§ Task item: Repeat precisely the span of lines below that opens with the line containing "unfolding welcome call allocate" and closes with the line containing "register-IsConsistent (allocate m", both included.

§ Stored entries:
--- --- ---
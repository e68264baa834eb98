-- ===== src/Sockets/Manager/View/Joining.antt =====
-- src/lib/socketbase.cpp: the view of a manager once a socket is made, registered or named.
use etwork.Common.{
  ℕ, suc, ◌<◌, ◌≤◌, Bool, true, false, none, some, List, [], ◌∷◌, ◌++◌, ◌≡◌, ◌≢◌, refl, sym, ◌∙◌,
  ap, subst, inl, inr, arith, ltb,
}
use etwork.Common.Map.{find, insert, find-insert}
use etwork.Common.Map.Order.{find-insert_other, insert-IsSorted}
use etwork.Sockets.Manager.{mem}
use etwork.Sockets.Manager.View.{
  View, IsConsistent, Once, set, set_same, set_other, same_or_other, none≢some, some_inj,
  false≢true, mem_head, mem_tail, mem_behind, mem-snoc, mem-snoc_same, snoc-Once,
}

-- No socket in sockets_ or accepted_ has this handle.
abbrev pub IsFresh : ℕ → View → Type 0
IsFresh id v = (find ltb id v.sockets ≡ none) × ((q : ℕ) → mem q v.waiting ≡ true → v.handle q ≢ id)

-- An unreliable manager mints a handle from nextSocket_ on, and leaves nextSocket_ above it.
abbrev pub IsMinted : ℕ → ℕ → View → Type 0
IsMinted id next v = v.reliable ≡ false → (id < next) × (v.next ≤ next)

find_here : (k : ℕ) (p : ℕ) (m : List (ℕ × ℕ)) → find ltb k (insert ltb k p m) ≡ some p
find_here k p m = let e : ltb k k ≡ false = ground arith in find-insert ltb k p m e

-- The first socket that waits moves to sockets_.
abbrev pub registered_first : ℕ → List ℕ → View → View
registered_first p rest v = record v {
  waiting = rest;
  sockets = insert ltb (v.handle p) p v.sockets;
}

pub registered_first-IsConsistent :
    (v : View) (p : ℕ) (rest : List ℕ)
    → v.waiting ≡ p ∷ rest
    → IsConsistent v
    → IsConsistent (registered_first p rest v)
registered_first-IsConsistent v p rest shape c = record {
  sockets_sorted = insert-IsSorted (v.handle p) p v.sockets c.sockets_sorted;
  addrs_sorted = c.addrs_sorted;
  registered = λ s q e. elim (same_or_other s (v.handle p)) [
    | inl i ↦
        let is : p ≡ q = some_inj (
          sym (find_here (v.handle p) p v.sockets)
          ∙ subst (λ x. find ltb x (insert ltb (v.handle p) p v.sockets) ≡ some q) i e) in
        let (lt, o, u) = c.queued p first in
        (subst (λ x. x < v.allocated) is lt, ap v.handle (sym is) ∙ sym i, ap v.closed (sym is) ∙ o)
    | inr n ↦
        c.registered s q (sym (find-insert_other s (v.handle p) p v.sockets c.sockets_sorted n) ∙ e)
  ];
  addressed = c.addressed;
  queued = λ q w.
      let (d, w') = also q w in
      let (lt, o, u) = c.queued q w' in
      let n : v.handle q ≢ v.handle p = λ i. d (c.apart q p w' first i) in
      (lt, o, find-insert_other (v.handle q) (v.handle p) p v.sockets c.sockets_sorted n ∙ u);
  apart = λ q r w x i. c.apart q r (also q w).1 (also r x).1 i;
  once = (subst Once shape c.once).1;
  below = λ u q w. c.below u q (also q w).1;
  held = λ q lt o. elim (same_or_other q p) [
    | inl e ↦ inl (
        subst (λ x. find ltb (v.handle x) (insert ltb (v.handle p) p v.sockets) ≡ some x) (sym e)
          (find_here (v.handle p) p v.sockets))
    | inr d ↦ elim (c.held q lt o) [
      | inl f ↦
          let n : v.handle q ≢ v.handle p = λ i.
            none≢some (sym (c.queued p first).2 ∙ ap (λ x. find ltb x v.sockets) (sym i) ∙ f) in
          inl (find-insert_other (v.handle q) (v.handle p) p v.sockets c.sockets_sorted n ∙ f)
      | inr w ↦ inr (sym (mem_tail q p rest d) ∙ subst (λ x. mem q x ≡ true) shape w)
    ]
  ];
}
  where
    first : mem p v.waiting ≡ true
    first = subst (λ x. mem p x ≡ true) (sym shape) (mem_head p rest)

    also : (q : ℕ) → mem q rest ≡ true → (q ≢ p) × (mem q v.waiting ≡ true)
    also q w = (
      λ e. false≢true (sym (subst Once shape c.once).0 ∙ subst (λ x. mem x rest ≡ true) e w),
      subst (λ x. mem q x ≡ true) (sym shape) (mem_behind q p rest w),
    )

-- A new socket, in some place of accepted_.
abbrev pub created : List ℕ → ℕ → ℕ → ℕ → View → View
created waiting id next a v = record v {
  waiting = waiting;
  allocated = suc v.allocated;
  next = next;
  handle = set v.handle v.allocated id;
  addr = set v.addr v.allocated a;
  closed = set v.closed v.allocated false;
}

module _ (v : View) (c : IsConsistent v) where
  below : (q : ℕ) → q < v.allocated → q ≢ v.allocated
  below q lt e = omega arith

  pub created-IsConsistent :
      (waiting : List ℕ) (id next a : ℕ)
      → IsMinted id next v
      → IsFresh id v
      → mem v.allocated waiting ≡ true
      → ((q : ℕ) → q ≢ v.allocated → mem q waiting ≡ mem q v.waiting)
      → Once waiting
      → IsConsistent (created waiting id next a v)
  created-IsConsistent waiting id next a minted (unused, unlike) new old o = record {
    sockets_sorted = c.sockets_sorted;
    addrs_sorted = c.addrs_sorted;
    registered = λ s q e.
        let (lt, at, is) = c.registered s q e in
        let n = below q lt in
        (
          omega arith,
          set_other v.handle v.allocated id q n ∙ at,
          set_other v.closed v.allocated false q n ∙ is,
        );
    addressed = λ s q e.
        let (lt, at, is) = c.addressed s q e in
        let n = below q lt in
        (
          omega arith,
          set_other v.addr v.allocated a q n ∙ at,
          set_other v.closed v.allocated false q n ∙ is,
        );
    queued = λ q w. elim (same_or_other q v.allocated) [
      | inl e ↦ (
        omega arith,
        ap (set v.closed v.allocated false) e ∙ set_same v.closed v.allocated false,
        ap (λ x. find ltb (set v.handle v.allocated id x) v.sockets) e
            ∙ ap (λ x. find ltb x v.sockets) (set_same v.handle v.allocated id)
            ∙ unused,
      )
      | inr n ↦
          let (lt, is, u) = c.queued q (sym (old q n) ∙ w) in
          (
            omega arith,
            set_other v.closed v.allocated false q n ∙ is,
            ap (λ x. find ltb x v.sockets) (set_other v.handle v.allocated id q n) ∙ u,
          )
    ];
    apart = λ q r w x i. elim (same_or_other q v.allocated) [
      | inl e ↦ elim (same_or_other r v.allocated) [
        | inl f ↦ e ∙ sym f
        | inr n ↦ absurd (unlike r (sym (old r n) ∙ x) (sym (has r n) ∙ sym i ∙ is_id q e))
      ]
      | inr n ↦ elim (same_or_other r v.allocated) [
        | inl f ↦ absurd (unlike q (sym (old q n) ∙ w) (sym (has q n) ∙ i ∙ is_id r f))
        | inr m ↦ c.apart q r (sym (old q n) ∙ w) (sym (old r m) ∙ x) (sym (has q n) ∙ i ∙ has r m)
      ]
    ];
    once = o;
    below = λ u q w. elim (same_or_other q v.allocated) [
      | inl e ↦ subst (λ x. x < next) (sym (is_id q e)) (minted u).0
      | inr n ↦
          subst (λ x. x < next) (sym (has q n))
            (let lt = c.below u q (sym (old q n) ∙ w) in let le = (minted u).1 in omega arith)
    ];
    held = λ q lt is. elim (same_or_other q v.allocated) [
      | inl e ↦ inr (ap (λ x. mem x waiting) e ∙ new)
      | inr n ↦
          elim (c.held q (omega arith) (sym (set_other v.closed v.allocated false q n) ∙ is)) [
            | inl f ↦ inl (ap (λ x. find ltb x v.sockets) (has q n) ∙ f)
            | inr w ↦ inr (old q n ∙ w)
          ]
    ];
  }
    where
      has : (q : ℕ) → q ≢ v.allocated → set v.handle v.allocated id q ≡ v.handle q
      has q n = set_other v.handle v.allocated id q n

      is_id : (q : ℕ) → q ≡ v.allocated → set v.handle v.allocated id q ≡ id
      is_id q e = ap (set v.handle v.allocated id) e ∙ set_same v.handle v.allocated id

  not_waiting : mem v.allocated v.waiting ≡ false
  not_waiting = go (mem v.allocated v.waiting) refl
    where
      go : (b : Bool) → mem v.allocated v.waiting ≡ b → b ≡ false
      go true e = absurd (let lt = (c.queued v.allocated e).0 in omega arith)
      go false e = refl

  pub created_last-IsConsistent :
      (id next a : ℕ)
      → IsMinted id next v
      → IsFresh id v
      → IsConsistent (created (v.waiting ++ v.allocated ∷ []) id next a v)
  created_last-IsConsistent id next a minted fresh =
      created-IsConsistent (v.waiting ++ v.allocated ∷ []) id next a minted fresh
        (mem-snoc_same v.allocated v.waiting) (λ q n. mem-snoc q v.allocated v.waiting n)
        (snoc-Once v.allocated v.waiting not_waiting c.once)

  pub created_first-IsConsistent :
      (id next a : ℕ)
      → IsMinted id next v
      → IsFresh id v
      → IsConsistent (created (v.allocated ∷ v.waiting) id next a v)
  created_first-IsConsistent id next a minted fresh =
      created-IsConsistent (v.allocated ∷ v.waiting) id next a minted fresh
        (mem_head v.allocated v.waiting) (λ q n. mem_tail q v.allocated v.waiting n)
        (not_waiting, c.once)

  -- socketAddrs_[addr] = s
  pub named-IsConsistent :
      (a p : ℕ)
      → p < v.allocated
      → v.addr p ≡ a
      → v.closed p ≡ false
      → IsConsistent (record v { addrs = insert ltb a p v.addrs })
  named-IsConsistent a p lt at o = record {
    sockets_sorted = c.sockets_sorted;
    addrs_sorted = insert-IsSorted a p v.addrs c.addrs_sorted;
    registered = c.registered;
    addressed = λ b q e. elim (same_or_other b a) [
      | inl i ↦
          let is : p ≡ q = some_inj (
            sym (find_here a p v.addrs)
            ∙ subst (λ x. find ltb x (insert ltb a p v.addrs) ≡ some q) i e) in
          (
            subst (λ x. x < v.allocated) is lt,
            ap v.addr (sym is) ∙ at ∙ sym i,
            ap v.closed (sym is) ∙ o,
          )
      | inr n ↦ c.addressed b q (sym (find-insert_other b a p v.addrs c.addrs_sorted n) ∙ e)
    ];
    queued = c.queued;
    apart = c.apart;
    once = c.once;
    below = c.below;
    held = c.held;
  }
--- --- ---
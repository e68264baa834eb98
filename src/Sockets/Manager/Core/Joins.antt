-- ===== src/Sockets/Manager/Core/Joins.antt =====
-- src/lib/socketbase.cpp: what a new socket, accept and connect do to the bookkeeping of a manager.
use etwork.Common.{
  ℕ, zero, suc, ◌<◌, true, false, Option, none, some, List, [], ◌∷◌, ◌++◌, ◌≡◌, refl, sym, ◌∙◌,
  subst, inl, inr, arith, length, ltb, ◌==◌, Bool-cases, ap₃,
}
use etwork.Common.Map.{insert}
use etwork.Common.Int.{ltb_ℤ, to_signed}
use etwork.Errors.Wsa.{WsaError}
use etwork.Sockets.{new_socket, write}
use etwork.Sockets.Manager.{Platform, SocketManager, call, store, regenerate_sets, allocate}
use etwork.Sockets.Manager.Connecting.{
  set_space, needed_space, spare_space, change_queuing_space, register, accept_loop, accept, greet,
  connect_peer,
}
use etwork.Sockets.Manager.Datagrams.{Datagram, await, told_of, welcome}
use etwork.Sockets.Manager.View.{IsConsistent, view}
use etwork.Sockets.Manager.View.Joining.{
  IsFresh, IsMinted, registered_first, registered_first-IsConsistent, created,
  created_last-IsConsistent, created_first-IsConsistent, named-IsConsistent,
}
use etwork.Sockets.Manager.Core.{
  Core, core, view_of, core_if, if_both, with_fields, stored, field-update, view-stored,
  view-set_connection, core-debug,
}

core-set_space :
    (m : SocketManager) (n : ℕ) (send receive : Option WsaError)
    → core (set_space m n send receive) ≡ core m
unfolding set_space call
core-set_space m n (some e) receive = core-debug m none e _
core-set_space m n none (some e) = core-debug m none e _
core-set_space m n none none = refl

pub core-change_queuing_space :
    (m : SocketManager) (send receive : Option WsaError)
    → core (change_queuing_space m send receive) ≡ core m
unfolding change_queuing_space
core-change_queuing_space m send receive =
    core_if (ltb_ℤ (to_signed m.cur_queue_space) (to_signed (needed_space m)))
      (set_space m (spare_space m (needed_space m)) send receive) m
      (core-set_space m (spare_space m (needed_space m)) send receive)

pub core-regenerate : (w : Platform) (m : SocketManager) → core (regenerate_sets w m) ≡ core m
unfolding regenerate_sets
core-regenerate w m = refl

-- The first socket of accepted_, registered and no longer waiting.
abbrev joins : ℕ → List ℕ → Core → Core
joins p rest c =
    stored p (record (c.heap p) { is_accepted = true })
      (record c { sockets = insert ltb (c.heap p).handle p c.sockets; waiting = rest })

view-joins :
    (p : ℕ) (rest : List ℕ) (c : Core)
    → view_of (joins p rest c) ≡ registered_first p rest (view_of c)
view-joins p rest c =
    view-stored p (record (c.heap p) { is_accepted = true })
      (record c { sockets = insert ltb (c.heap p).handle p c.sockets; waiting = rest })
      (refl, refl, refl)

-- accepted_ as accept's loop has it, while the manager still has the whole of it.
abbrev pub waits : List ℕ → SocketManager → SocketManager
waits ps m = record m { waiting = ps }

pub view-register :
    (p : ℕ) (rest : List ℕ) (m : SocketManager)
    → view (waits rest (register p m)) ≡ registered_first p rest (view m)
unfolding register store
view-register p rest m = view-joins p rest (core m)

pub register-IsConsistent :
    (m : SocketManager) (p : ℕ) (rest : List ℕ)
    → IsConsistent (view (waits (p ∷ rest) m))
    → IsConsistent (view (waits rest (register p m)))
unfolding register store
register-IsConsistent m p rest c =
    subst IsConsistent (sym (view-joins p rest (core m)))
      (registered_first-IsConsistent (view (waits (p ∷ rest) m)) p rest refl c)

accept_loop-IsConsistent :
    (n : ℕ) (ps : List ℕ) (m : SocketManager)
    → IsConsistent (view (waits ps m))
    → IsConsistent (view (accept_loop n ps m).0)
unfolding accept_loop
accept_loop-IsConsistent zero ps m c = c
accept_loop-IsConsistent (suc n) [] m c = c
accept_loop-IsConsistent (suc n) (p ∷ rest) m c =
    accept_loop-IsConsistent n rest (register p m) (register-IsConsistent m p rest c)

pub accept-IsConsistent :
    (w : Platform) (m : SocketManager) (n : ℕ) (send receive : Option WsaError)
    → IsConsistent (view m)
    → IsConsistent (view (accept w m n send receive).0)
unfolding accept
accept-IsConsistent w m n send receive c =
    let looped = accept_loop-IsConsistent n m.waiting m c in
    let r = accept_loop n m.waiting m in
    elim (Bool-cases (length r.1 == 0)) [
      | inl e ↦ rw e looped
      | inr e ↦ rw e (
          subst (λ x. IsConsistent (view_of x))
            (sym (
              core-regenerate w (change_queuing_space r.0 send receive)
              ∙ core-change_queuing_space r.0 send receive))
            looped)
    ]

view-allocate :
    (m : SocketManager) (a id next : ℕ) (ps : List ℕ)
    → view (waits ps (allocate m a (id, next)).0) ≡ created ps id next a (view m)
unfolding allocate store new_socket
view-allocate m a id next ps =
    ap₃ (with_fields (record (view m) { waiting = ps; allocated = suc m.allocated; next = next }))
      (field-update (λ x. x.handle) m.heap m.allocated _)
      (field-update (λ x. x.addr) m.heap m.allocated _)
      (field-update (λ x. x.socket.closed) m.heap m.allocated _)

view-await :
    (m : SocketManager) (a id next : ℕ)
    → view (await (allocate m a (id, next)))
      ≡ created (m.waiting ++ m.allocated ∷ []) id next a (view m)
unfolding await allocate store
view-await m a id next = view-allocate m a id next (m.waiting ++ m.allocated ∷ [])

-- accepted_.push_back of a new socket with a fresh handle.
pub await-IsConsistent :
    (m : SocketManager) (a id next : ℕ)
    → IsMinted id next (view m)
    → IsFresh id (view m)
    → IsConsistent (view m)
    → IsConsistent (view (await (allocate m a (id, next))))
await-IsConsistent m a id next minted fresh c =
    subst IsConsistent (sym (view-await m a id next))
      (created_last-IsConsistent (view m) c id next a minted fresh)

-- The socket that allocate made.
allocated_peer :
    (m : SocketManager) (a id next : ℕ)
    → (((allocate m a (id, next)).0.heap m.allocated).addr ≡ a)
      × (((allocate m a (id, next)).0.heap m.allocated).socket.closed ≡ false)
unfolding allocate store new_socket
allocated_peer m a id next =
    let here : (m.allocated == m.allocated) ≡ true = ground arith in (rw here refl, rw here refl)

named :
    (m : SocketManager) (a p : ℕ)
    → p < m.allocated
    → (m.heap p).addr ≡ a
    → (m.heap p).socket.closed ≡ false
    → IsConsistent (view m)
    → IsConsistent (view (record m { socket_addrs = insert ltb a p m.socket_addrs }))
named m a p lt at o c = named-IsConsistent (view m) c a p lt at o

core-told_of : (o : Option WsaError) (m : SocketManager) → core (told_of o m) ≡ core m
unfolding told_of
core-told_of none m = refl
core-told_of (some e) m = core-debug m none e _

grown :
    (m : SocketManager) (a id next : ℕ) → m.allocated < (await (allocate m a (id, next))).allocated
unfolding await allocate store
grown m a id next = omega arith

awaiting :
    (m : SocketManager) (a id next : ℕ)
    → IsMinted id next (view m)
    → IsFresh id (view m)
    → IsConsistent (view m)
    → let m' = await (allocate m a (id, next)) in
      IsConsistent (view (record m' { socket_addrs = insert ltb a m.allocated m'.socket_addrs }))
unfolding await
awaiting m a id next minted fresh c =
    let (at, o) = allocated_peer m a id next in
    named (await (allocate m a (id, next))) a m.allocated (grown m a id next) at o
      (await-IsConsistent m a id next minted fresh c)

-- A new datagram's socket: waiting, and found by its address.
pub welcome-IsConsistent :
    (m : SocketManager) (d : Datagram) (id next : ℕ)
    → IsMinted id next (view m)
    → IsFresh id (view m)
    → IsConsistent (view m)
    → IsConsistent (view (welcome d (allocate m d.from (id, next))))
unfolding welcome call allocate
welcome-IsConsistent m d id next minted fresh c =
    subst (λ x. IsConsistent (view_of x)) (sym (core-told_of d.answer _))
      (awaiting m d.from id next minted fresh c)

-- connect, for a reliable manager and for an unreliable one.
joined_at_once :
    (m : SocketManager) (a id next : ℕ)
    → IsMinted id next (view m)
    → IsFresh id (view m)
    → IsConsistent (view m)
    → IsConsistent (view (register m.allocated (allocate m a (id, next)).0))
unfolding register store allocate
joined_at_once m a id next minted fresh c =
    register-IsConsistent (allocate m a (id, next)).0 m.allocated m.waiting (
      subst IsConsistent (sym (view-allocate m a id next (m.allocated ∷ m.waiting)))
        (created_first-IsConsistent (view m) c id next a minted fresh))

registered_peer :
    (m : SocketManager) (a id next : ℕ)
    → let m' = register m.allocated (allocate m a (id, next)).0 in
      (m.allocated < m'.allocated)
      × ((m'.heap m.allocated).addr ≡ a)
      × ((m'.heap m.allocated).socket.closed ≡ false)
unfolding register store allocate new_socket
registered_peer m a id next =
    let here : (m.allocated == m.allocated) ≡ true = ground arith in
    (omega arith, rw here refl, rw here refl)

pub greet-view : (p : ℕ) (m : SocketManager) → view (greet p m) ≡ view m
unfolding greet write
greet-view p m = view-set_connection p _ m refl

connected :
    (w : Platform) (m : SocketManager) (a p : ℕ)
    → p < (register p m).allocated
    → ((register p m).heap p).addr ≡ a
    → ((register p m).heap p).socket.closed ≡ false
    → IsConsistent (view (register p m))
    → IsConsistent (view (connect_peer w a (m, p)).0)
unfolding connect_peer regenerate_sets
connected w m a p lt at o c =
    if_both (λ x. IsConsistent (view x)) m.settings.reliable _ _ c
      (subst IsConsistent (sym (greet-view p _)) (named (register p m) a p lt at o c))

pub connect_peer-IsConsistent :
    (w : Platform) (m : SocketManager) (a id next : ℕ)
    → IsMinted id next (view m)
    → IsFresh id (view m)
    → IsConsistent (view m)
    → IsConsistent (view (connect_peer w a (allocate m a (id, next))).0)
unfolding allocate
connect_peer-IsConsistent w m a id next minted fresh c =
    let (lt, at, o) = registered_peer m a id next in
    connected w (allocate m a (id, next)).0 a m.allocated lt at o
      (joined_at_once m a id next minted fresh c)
--- --- ---
§ Exercise result:
unfolding welcome call allocate
welcome-IsConsistent m d id next minted fresh c =
    subst (λ x. IsConsistent (view_of x)) (sym (core-told_of d.answer _))
      (awaiting m d.from id next minted fresh c)

-- connect, for a reliable manager and for an unreliable one.
joined_at_once :
    (m : SocketManager) (a id next : ℕ)
    → IsMinted id next (view m)
    → IsFresh id (view m)
    → IsConsistent (view m)
    → IsConsistent (view (register m.allocated (allocate m a (id, next)).0))
unfolding register store allocate
joined_at_once m a id next minted fresh c =
    register-IsConsistent (allocate m a (id, next)).0 m.allocated m.waiting (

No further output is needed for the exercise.